# Your instructions
Beneath this line are the data; copy exactly the part of them that opens with the line containing "unfolding checked" and closes with the line containing "(host_found ∙ ap", and only that part.

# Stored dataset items
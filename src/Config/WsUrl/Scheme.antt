-- ===== src/Config/WsUrl/Scheme.antt =====
-- src/config.c: the schemes that `ws_url_split` takes, ws:// and wss:// in any case.
use wireguard_tools.Config.WsUrl.{behind_scheme}
use wireguard_tools.Libc.Text.{strip_prefix, strip_prefix-append}
use wireguard_tools.Prelude.{
  ℕ, ◌≡◌, ◌∙◌, ◌⊎◌, inl, inr, refl, ap, arith, Bool, true, false, Option, none, some, [], ◌∷◌, ◌++◌,
  ◌==◌, if◌then◌else◌, Bool-cases, Option-cases, Bytes, codes, equal_nocase, to_lower, and-true,
}

-- What `strncasecmp` accepts is the key in some case.
strip_prefix-some :
    (key s : Bytes) {rest : Bytes}
    → strip_prefix key s ≡ some rest
    → (front : Bytes) × (s ≡ front ++ rest) × (equal_nocase front key ≡ true)
unfolding strip_prefix equal_nocase to_lower
strip_prefix-some [] s e = ([], cc, refl)
strip_prefix-some (k ∷ key) [] e = cc
strip_prefix-some (k ∷ key) (x ∷ s) e = elim (Bool-cases (to_lower x == to_lower k)) [
  | inr ne ↦ cc (rw ne at e)
  | inl eq ↦
      let (front, split, same) = strip_prefix-some key s (rw eq at e) in
      (x ∷ front, ap (λ (t : Bytes). x ∷ t) split, rw eq same)
]

pub behind_scheme-some :
    (url : Bytes) {p : Bytes}
    → behind_scheme url ≡ some p
    → (scheme : Bytes) × (url ≡ scheme ++ p)
      × ((equal_nocase scheme (codes "ws://") ≡ true)
          ⊎ (equal_nocase scheme (codes "wss://") ≡ true))
unfolding behind_scheme
behind_scheme-some url e = elim (Option-cases (strip_prefix (codes "wss://") url)) [
  | inl absent ↦
      let (front, split, same) =
        strip_prefix-some (codes "ws://") url (rw (absent, behind_scheme) at e) in
      (front, split, inl same)
  | inr found ↦
      let (front, split, same) =
        strip_prefix-some (codes "wss://") url (found.1 ∙ rw (found.1, behind_scheme) at e) in
      (front, split, inr same)
]

-- A text is not in both schemes: the third byte differs.
one_scheme :
    (scheme rest : Bytes)
    → equal_nocase scheme (codes "ws://") ≡ true
    → strip_prefix (codes "wss://") (scheme ++ rest) ≡ none
unfolding strip_prefix equal_nocase to_lower
one_scheme [] rest e = cc
one_scheme (x ∷ []) rest e =
    let (w, behind_w) = and-true (to_lower x == to_lower b'w') false e in absurd cc
one_scheme (x ∷ y ∷ []) rest e =
    let (w, behind_w) = and-true (to_lower x == to_lower b'w') _ e in
    let (s, behind_s) = and-true (to_lower y == to_lower b's') false behind_w in absurd cc
one_scheme (x ∷ y ∷ z ∷ s) rest e =
    let (w, behind_w) = and-true (to_lower x == to_lower b'w') _ e in
    let (ss, behind_s) = and-true (to_lower y == to_lower b's') _ behind_w in
    let (colon, behind_colon) = and-true (to_lower z == to_lower b':') _ behind_s in
    third (to_lower x == to_lower b'w') (to_lower y == to_lower b's') (to_lower z == to_lower b's')
      (strip_prefix (codes "://") (s ++ rest)) (other (to_lower z) colon)
  where
    other : (n : ℕ) → (n == 58) ≡ true → (n == 115) ≡ false
    other n h = ground arith

    third :
        (a b c : Bool) (o : Option Bytes)
        → c ≡ false
        → (if a then (if b then (if c then o else none) else none) else none) ≡ none
    third false b c o h = refl
    third true false c o h = refl
    third true true c o h = rw h refl

pub behind_scheme-append :
    (scheme rest : Bytes)
    → (equal_nocase scheme (codes "ws://") ≡ true) ⊎ (equal_nocase scheme (codes "wss://") ≡ true)
    → behind_scheme (scheme ++ rest) ≡ some rest
unfolding behind_scheme
behind_scheme-append scheme rest (inl ws) =
    rw (behind_scheme, one_scheme scheme rest ws)
      (strip_prefix-append (codes "ws://") scheme rest ws)
behind_scheme-append scheme rest (inr wss) =
    rw (behind_scheme, strip_prefix-append (codes "wss://") scheme rest wss) refl
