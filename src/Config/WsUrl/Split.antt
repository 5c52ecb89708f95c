-- ===== src/Config/WsUrl/Split.antt =====
-- src/config.c: what `ws_url_split` finds in a URL, and that nothing of it is cut off.
use mathlib.Core.List.{append_assoc}
use mathlib.Core.Path.{subst}
use wireguard_tools.Config.Numbers.{is_empty, first_byte}
use wireguard_tools.Config.WsUrl.Spelled.{authority, Readable, IsWsUrl}
use wireguard_tools.Config.WsUrl.Scheme.{behind_scheme-some}
use wireguard_tools.Config.WsUrl.{behind_colon, host_split, checked, ws_url_split}
use wireguard_tools.Libc.Text.{
  split_first, split_first-FirstAt, FirstAt, split_last, split_last-LastAt, LastAt, span_until,
  span_until_append, span_until-StartsAt, contains-span_until, contains, span_until-append,
  contains-append,
}
use wireguard_tools.Prelude.{
  ℕ, ◌<◌, ◌≡◌, ◌∙◌, Bool, ◌||◌, inl, inr, refl, ap, sym, arith, true, false, Option, none, some, [],
  ◌∷◌, ◌++◌, ◌==◌, ==_iff, Bool-cases, Bytes, bind_option, bind_option-eq-some, some_pair, length,
}

behind_colon-some :
    (h after : Bytes) {host pstart : Bytes}
    → bind_option {B = Bytes × Bytes} (behind_colon after) (λ t. some (h, t)) ≡ some (host, pstart)
    → (h ≡ host) × (after ≡ b':' ∷ pstart)
unfolding behind_colon
behind_colon-some h [] e = cc
behind_colon-some h (c ∷ s) e = ground arith

-- The text behind the scheme, with the port up to the slash.
abbrev HostSplit : Bytes → Bytes → Bytes → Bytes → Type 0
HostSplit p host port path =
    (brackets : Bool) × (p ≡ authority brackets host port ++ path) × Readable brackets host port

bracketed :
    (s host pstart : Bytes)
    → bind_option {B = Bytes × Bytes}
        (split_first b']' s)
        (λ x. bind_option (behind_colon x.1) (λ t. some (x.0, t)))
      ≡ some (host, pstart)
    → (s ≡ host ++ (b']' ∷ b':' ∷ pstart)) × (contains b']' host ≡ false)
bracketed s host pstart e = go (split_first b']' s) (split_first-FirstAt b']' s) e
  where
    go :
        (o : Option (Bytes × Bytes))
        → FirstAt b']' s o
        → bind_option {B = Bytes × Bytes} o
            (λ x. bind_option (behind_colon x.1) (λ t. some (x.0, t)))
          ≡ some (host, pstart)
        → (s ≡ host ++ (b']' ∷ b':' ∷ pstart)) × (contains b']' host ≡ false)
    go none f e = cc
    go (some (h, after)) f e =
        let (same_host, colon) = behind_colon-some h after e in
        (f.0 ∙ rw (same_host, colon) refl, rw same_host at f.1)

or-false : (a b : Bool) → (a || b) ≡ false → (a ≡ false) × (b ≡ false)
or-false false b e = (refl, e)
or-false true b e = absurd cc

no_slash :
    (h after : Bytes)
    → contains b'/' (h ++ (b':' ∷ after)) ≡ false
    → (contains b'/' h ≡ false) × (contains b'/' after ≡ false)
unfolding contains
no_slash h after k =
    or-false (contains b'/' h) (contains b'/' after)
      (sym (contains-append b'/' h (b':' ∷ after)) ∙ k)

-- The text before the path, split at its last colon.
unbracketed :
    (front path host pstart : Bytes)
    → contains b'/' front ≡ false
    → bind_option {B = Bytes × Bytes} (split_last b':' front) (λ x. some (x.0, x.1 ++ path))
      ≡ some (host, pstart)
    → (port : Bytes) × (front ≡ host ++ (b':' ∷ port))
      × (pstart ≡ port ++ path)
      × (contains b'/' host ≡ false)
      × (contains b'/' port ≡ false)
      × (contains b':' port ≡ false)
unbracketed front path host pstart slash e =
    go (split_last b':' front) (split_last-LastAt b':' front) e
  where
    go :
        (o : Option (Bytes × Bytes))
        → LastAt b':' front o
        → bind_option {B = Bytes × Bytes} o (λ x. some (x.0, x.1 ++ path)) ≡ some (host, pstart)
        → (port : Bytes) × (front ≡ host ++ (b':' ∷ port))
          × (pstart ≡ port ++ path)
          × (contains b'/' host ≡ false)
          × (contains b'/' port ≡ false)
          × (contains b':' port ≡ false)
    go none f e = cc
    go (some (h, after)) f e =
        let (same_host, same_start) = some_pair {x = (h, after ++ path)} {y = (host, pstart)} e in
        let (plain_host, plain_port) = no_slash h after (rw f.0 at slash) in
        (
          after,
          f.0 ∙ rw same_host refl,
          sym same_start,
          rw same_host at plain_host,
          plain_port,
          f.1,
        )

first_plain :
    (host rest : Bytes)
    → (first_byte (host ++ rest) == b'[') ≡ false
    → (first_byte host == b'[') ≡ false
first_plain [] rest h = refl
first_plain (c ∷ host) rest h = h

host_split-some :
    (p host pstart port path : Bytes)
    → host_split p ≡ some (host, pstart)
    → span_until b'/' pstart ≡ (port, path)
    → HostSplit p host port path
unfolding host_split
host_split-some [] host pstart port path e u = cc
host_split-some (c ∷ s) host pstart port path e u = elim (Bool-cases (c == b'[')) [
  | inl bracket ↦
      let (split, closed) = bracketed s host pstart (rw bracket at e) in
      (
        true,
        rw ((==_iff c b'[').0 bracket, split, append_assoc host (b']' ∷ b':' ∷ port) path, start)
            refl,
        closed,
      )
  | inr plain ↦
      let front = (span_until b'/' (c ∷ s)).0 in
      let rest = (span_until b'/' (c ∷ s)).1 in
      let (port', split, begins, no_slash, no_slash', last) =
        unbracketed front rest host pstart (contains-span_until b'/' (c ∷ s)) (rw plain at e) in
      let same : (port, path) ≡ (port', rest) =
        sym u
        ∙ ap (span_until b'/') begins
        ∙ span_until-append b'/' port' rest no_slash' (span_until-StartsAt b'/' (c ∷ s)) in
      let whole : c ∷ s ≡ (host ++ (b':' ∷ port')) ++ rest =
        sym (span_until_append b'/' (c ∷ s)) ∙ ap (λ (y : Bytes). y ++ rest) split in
      let same_port : port' ≡ port = sym (ap (λ (z : Bytes × Bytes). z.0) same) in
      (
        false,
        whole ∙ ap (λ (z : Bytes × Bytes). (host ++ (b':' ∷ z.0)) ++ z.1) (sym same),
        (
          first_plain host (b':' ∷ (port' ++ rest)) (
              subst (λ t. (first_byte t == b'[') ≡ false)
                (whole ∙ append_assoc host (b':' ∷ port') rest) plain),
          no_slash,
          rw same_port at last,
        ),
      )
]
  where
    start : pstart ≡ port ++ path
    start = sym (span_until_append b'/' pstart) ∙ ap (λ (z : Bytes × Bytes). z.0 ++ z.1) u

checked-some :
    (hostsz portsz : ℕ) (h q : Bytes) {host port : Bytes}
    → checked hostsz portsz h q ≡ some (host, port)
    → (h ≡ host)
      × (q ≡ port)
      × (is_empty host ≡ false)
      × (is_empty port ≡ false)
      × (length host < hostsz)
      × (length port < portsz)
unfolding checked
checked-some hostsz portsz h q e = ground arith

-- Whatever is returned is what the URL spells, nonempty and within the buffers.
pub ws_url_split-IsWsUrl :
    (url : Bytes) (hostsz portsz : ℕ) {host port : Bytes}
    → ws_url_split url hostsz portsz ≡ some (host, port)
    → (brackets : Bool) × IsWsUrl hostsz portsz brackets url host port
unfolding ws_url_split
ws_url_split-IsWsUrl url hostsz portsz {host} {port} e =
    let (p, scheme_found, rest) = bind_option-eq-some _ _ e in
    let (x, host_found, ok) =
      bind_option-eq-some (host_split p)
        (λ (x : Bytes × Bytes). checked hostsz portsz x.0 (span_until b'/' x.1).0) rest in
    let (scheme, url_eq, scheme_is) = behind_scheme-some url scheme_found in
    let (same_host, same_port, host_ne, port_ne, host_lt, port_lt) =
      checked-some hostsz portsz _ _ ok in
    let path = (span_until b'/' x.1).1 in
    let (brackets, spelled, readable) =
      host_split-some p host x.1 port path
        (host_found ∙ ap (λ (h : Bytes). some (h, x.1)) same_host)
        (ap (λ (q : Bytes). (q, path)) same_port) in
    (
      brackets,
      record {
        scheme = scheme;
        scheme_is = scheme_is;
        path = path;
        path_start = span_until-StartsAt b'/' x.1;
        spelled = url_eq ∙ ap (λ (y : Bytes). scheme ++ y) spelled;
        readable = readable;
        port_plain = rw same_port at (contains-span_until b'/' x.1);
        host_nonempty = host_ne;
        port_nonempty = port_ne;
        host_fits = host_lt;
        port_fits = port_lt;
      },
    )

# Solution below
unfolding checked
checked-some hostsz portsz h q e = ground arith

-- Whatever is returned is what the URL spells, nonempty and within the buffers.
pub ws_url_split-IsWsUrl :
    (url : Bytes) (hostsz portsz : ℕ) {host port : Bytes}
    → ws_url_split url hostsz portsz ≡ some (host, port)
    → (brackets : Bool) × IsWsUrl hostsz portsz brackets url host port
unfolding ws_url_split
ws_url_split-IsWsUrl url hostsz portsz {host} {port} e =
    let (p, scheme_found, rest) = bind_option-eq-some _ _ e in
    let (x, host_found, ok) =
      bind_option-eq-some (host_split p)
        (λ (x : Bytes × Bytes). checked hostsz portsz x.0 (span_until b'/' x.1).0) rest in
    let (scheme, url_eq, scheme_is) = behind_scheme-some url scheme_found in
    let (same_host, same_port, host_ne, port_ne, host_lt, port_lt) =
      checked-some hostsz portsz _ _ ok in
    let path = (span_until b'/' x.1).1 in
    let (brackets, spelled, readable) =
      host_split-some p host x.1 port path
        (host_found ∙ ap (λ (h : Bytes). some (h, x.1)) same_host)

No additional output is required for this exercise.